The coin’s tumble came after Ethereum-based decentralized finance protocol Balancer on Monday lost possibly more than $100 million in a hack. The exploit marks the latest in a series of bearish events that have put digital assets investors on tenterhooks over the past few weeks.

In mid-October, U.S. President Donald Trump announced “massive” tariffs on China over its restriction of rare earth exports, kicking off investors’ flight from crypto to risk-off assets such as gold. And although the president later walked back that threat, his comments sparked a sell-off that triggered cascading liquidations of highly leveraged digital asset positions

Last week, Federal Reserve Chair Jerome Powell cautioned investors about expecting future rate cuts, adding to existing bearish market sentiment.     

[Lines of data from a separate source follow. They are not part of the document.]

-- ===== src/Protocol/Header.antt =====
-- struct RequestHeader of include/Programmer/protocol.hpp, and ReplyHeader, which is its first
-- four bytes.
use programmer.Prelude.{ℕ, List, get_or, set}
use programmer.Protocol.{be16_at, be32_at, set_be16, set_be32}

unfoldable pub version : List ℕ → ℕ
version buf = get_or buf 0 0

unfoldable pub seq : List ℕ → ℕ
seq buf = get_or buf 1 0

unfoldable pub operation : List ℕ → ℕ
operation buf = get_or buf 2 0

unfoldable pub status : List ℕ → ℕ
status buf = get_or buf 3 0

unfoldable pub address : List ℕ → ℕ
address buf = be32_at buf 4

unfoldable pub length : List ℕ → ℕ
length buf = be16_at buf 8

unfoldable pub set_version : List ℕ → ℕ → List ℕ
set_version buf v = set buf 0 v

unfoldable pub set_seq : List ℕ → ℕ → List ℕ
set_seq buf v = set buf 1 v

unfoldable pub set_operation : List ℕ → ℕ → List ℕ
set_operation buf v = set buf 2 v

unfoldable pub set_status : List ℕ → ℕ → List ℕ
set_status buf v = set buf 3 v

unfoldable pub set_address : List ℕ → ℕ → List ℕ
set_address buf v = set_be32 buf 4 v

unfoldable pub set_length : List ℕ → ℕ → List ℕ
set_length buf v = set_be16 buf 8 v
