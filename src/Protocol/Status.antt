-- ===== src/Protocol/Status.antt =====
-- enum Status of include/Programmer/protocol.hpp.
use programmer.Prelude.{ℕ}

abbrev pub request : ℕ
request = 0

abbrev pub done : ℕ
done = 1

abbrev pub in_progress : ℕ
in_progress = 2

abbrev pub inv_src : ℕ
inv_src = 3

abbrev pub inv_op : ℕ
inv_op = 4

abbrev pub inv_param : ℕ
inv_param = 5

abbrev pub inv_length : ℕ
inv_length = 6

abbrev pub inv_addr : ℕ
inv_addr = 7

abbrev pub protected_addr : ℕ
protected_addr = 8

abbrev pub pkt_size : ℕ
pkt_size = 9
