-- ===== src/NetworkProgrammer/Buffer.antt =====
-- The buffers of class NetworkProgrammer of include/Programmer/Programmer.hpp.
use programmer.Prelude.{ℕ, List}
use programmer.Protocol
use programmer.Protocol.Header
use programmer.Protocol.Status

abbrev pub tx_buffer_size : ℕ
tx_buffer_size = 128

abbrev pub rx_buffer_size : ℕ
rx_buffer_size = 1500

-- The constructor of TransmitBuffer, over what the memory holds.
unfoldable pub fresh_tx : List ℕ → List ℕ
fresh_tx garbage = Header.set_status (Header.set_version garbage Protocol.version) Status.request
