-- ===== src/Protocol/Op.antt =====
-- enum Operation of include/Programmer/protocol.hpp.
use programmer.Prelude.{ℕ}

abbrev pub discover : ℕ
discover = 0

abbrev pub net_config : ℕ
net_config = 1

abbrev pub read : ℕ
read = 2

abbrev pub write : ℕ
write = 3

abbrev pub erase : ℕ
erase = 4

abbrev pub reset : ℕ
reset = 5

abbrev pub erase_write : ℕ
erase_write = 6

abbrev pub chip_erase : ℕ
chip_erase = 7

abbrev pub checksum : ℕ
checksum = 8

“These events have put investors on uneasy footing as we roll into November,” Juan Leon, senior investment strategist at Bitwise, told CNBC. “Macro volatility notwithstanding, this October’s drawdown appears to have been a healthy, albeit sharp, de-leveraging event that flushed speculative excess from the market.”

Some stocks linked to digital assets are also coming under pressure. Coinbase shares were down nearly 4%, while Bitcoin treasury firm Strategy edged down more than 1%.